Problem requirements:
Below are entries. Copy exactly the lines running from the line that holds "-- What the" to the line that holds "InGroup (some g) = (0", with both ends included.

:: Extracted records

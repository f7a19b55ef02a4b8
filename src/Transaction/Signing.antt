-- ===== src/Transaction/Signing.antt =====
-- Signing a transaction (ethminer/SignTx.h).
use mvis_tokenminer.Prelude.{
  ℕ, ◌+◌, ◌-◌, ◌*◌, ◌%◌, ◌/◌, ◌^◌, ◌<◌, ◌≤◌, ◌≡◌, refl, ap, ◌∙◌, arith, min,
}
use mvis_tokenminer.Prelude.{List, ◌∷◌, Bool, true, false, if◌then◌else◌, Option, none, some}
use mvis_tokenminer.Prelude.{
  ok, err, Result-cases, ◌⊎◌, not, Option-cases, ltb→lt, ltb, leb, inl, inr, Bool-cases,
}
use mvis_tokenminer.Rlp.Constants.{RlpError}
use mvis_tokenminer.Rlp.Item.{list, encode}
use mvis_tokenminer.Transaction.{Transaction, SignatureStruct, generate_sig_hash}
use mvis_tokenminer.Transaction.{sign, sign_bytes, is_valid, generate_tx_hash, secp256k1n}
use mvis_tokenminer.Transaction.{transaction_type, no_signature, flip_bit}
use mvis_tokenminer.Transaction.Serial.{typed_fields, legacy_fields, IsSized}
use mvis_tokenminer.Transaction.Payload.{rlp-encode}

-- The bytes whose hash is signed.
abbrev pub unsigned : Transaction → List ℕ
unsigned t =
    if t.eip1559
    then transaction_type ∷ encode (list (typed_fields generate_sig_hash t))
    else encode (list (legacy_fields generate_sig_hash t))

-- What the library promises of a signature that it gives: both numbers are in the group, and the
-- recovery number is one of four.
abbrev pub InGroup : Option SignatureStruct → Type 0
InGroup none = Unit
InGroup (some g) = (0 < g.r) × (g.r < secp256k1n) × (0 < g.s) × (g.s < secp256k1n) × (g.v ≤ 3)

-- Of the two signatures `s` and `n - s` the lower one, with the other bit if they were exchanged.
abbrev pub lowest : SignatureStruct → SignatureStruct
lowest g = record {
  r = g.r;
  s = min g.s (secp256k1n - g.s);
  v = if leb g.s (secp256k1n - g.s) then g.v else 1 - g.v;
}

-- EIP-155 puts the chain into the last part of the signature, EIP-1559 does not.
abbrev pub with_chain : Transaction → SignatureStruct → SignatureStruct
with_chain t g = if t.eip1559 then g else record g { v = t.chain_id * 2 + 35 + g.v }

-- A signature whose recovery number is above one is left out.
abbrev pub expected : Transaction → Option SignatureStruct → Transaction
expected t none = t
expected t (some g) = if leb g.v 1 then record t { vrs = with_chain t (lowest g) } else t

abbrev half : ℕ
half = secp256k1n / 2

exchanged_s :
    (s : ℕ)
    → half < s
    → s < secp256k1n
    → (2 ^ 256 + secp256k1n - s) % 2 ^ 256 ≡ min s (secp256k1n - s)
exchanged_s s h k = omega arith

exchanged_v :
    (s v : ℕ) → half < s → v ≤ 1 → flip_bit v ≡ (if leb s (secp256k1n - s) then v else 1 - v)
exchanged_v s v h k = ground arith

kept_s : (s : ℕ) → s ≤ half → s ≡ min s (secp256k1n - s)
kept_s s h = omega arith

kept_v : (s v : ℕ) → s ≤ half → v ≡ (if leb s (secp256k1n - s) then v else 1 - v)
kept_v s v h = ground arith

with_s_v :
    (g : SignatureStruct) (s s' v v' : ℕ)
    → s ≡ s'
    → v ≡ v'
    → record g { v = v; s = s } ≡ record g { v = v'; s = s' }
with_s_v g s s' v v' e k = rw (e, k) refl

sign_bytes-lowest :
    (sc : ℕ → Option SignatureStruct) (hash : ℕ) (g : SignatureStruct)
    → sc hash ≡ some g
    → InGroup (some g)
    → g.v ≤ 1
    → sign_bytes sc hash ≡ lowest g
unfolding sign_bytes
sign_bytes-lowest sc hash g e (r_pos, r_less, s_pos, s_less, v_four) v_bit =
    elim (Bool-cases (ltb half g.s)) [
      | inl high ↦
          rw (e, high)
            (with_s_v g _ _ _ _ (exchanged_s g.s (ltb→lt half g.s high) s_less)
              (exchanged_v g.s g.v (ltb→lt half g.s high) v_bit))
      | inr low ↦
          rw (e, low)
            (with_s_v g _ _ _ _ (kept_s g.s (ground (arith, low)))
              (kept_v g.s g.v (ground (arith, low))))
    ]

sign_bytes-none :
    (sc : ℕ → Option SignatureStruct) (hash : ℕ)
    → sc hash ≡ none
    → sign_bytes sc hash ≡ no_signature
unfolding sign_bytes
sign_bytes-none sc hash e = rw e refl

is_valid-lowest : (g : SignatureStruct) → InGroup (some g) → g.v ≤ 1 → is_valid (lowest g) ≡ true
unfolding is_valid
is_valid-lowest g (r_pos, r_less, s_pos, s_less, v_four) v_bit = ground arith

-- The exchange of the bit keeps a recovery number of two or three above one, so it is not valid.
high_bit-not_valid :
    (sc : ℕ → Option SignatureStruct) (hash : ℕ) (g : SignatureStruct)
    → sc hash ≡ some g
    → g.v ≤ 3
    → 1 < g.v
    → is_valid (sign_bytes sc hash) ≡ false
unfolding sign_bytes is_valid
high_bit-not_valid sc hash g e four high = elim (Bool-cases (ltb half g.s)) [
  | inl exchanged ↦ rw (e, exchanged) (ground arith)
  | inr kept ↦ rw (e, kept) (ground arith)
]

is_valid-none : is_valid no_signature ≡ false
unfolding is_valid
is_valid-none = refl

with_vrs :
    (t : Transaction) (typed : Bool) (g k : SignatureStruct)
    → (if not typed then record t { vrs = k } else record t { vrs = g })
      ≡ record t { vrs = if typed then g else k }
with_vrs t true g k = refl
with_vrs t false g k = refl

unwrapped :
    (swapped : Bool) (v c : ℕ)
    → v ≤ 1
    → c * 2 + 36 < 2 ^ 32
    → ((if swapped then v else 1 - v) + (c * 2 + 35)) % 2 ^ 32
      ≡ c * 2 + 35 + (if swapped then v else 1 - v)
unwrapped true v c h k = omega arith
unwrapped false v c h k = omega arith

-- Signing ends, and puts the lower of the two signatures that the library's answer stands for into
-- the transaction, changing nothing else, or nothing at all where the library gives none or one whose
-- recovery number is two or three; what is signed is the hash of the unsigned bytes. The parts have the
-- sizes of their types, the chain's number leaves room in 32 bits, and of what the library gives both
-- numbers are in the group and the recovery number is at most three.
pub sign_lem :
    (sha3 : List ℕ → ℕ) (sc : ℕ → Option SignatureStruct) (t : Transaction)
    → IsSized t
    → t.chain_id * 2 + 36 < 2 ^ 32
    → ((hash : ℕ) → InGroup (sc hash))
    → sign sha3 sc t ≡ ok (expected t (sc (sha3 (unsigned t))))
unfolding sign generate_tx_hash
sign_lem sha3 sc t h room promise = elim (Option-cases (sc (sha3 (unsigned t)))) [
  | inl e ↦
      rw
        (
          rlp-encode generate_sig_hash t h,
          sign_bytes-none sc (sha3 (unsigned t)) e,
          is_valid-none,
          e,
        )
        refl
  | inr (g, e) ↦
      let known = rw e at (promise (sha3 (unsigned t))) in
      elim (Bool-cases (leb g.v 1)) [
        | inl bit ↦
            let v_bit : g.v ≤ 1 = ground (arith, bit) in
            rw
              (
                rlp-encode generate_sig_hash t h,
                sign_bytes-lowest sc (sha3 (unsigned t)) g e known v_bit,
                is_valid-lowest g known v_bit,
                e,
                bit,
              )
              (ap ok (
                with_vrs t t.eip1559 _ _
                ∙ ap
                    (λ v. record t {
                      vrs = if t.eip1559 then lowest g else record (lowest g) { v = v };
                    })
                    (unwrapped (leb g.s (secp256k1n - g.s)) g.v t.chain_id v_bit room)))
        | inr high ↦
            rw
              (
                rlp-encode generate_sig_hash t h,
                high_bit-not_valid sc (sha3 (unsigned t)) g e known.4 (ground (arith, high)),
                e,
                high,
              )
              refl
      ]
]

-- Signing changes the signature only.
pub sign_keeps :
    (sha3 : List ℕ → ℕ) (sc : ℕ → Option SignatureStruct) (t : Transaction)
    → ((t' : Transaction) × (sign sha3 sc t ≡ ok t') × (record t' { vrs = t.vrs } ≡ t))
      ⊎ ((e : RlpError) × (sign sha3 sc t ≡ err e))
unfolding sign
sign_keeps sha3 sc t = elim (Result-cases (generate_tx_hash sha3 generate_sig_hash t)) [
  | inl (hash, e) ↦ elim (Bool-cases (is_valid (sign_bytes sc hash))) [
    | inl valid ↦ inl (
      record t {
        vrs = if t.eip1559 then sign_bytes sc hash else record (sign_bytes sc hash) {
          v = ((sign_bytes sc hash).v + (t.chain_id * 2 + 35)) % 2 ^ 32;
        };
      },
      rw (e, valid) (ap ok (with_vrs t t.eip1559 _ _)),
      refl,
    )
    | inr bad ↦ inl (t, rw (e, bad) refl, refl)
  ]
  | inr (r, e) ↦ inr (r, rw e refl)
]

::::

Written solution:
-- What the library promises of a signature that it gives: both numbers are in the group, and the
-- recovery number is one of four.
abbrev pub InGroup : Option SignatureStruct → Type 0
InGroup none = Unit
InGroup (some g) = (0 < g.r) × (g.r < secp256k1n) × (0 < g.s) × (g.s < secp256k1n) × (g.v ≤ 3)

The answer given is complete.